▶ [TO DO] Give back only the lines in the records below from the one with "pub data Verifier : Type 0 where" to the one with "abbrev pub succeeded", both inclusive, word for word.

Extracted data entries
|---|

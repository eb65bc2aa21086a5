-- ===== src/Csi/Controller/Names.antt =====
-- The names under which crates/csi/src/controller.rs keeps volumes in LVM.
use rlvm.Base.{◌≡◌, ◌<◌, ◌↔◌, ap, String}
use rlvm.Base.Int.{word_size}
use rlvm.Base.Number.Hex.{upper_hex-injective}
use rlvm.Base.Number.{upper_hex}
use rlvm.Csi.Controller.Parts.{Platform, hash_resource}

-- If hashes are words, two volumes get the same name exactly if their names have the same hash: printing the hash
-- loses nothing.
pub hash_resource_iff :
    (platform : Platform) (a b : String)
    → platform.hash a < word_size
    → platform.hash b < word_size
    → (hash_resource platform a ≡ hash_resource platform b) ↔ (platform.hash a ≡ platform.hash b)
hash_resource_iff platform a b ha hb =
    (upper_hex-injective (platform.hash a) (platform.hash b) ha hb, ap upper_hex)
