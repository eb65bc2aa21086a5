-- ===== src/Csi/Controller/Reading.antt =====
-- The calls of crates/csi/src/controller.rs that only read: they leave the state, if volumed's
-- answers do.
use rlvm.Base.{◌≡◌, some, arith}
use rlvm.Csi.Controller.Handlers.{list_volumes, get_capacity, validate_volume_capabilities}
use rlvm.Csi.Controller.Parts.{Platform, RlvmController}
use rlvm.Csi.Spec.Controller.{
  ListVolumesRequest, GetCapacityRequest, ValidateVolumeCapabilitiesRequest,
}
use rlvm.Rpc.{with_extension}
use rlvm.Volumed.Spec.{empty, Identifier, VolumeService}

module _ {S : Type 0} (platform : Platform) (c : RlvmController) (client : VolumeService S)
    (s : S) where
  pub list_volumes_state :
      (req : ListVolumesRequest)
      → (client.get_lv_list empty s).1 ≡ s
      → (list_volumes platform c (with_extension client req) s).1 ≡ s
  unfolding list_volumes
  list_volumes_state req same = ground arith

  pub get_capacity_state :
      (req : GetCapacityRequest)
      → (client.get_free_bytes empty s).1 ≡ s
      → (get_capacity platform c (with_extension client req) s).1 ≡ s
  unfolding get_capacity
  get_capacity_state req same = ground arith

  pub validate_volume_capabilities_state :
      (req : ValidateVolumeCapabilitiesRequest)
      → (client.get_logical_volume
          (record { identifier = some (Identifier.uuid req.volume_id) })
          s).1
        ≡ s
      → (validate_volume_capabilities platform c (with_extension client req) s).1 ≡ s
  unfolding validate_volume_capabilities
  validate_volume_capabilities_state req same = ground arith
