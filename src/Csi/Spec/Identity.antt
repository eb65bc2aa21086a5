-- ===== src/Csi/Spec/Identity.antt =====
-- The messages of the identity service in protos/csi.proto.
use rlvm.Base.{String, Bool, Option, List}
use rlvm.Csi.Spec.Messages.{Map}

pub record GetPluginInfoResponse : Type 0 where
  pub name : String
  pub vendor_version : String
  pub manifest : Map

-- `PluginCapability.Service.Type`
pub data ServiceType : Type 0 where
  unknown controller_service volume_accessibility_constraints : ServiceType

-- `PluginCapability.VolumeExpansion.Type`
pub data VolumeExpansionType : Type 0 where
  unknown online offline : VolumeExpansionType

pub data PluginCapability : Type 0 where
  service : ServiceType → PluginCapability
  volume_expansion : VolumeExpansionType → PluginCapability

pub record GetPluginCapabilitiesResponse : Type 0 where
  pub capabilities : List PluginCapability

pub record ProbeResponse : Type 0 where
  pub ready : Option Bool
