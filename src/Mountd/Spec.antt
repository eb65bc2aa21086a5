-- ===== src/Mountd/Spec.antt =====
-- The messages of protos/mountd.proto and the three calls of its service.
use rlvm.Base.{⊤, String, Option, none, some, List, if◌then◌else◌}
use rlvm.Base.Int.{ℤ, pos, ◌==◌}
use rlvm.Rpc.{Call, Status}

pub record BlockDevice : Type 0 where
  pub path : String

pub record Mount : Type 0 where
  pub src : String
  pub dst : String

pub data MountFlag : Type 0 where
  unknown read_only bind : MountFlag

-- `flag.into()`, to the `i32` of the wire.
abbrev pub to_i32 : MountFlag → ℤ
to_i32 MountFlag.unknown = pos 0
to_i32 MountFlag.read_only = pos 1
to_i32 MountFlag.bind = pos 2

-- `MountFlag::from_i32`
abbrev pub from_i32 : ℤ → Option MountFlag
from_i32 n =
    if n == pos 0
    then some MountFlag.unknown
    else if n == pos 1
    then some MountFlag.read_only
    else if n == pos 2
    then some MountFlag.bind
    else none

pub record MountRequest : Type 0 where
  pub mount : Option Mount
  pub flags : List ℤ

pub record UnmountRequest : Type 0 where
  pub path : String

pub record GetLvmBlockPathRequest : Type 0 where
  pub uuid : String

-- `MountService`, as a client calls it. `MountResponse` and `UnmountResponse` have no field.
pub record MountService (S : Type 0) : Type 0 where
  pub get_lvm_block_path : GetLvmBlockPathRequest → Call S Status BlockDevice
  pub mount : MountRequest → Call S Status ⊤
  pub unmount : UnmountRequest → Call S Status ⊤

|---|

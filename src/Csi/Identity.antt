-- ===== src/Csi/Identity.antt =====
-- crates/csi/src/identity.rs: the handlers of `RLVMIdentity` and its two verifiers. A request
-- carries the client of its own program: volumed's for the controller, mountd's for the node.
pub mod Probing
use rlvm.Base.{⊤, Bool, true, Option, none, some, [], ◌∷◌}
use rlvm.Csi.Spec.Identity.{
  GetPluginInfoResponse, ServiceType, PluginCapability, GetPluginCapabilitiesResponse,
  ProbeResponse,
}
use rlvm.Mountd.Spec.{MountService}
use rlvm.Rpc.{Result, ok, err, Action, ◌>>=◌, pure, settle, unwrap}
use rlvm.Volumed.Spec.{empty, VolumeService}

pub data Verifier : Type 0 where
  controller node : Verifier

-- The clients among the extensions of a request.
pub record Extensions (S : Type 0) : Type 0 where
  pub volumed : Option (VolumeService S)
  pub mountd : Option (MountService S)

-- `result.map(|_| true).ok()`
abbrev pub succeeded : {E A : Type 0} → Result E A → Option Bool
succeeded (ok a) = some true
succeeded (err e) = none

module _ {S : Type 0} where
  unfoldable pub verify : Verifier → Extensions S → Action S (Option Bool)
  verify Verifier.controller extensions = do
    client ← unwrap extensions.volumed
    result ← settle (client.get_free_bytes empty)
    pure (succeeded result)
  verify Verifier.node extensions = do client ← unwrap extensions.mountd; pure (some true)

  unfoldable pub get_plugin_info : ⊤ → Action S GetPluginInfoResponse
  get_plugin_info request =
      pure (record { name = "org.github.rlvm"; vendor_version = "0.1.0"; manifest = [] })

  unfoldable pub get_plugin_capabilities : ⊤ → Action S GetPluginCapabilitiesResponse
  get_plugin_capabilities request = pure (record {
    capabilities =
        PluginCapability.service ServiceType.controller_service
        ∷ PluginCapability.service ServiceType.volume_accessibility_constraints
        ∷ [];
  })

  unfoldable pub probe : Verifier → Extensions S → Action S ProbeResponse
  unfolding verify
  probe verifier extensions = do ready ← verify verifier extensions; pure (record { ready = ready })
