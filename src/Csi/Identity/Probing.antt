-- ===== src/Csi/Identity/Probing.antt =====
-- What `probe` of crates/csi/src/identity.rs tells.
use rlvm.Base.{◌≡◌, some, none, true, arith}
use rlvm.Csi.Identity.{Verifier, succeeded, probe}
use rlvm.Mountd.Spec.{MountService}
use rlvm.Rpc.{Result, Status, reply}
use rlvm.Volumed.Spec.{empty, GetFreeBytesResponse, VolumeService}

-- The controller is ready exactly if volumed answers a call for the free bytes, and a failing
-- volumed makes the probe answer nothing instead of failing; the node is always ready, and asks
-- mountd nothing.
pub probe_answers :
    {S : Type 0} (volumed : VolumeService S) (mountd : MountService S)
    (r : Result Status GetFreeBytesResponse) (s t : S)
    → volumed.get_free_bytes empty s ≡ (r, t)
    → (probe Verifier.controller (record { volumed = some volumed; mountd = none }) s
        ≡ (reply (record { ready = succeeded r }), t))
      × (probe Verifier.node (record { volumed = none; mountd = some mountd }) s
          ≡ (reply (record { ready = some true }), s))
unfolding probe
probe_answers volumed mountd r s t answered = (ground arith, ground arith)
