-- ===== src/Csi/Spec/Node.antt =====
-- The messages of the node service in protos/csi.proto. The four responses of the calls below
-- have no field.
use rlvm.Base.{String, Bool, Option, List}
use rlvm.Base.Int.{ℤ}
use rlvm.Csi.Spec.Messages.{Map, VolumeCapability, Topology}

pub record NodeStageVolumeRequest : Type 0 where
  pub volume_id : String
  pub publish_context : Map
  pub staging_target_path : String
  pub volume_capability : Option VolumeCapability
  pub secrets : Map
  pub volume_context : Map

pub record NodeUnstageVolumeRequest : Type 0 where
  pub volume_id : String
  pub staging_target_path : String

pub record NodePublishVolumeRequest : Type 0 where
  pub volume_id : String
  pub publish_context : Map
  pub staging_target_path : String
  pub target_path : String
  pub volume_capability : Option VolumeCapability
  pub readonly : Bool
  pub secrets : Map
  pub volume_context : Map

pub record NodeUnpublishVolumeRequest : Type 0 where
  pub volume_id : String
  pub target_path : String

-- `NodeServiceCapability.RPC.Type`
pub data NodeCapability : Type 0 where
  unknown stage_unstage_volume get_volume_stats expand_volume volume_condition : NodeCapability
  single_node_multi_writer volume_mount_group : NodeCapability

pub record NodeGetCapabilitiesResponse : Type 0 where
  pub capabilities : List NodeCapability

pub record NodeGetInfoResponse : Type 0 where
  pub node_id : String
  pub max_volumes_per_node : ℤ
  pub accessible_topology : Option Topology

|---|

▶ [SOLUTION]
pub data Verifier : Type 0 where
  controller node : Verifier

-- The clients among the extensions of a request.
pub record Extensions (S : Type 0) : Type 0 where
  pub volumed : Option (VolumeService S)
  pub mountd : Option (MountService S)

-- `result.map(|_| true).ok()`
abbrev pub succeeded : {E A : Type 0} → Result E A → Option Bool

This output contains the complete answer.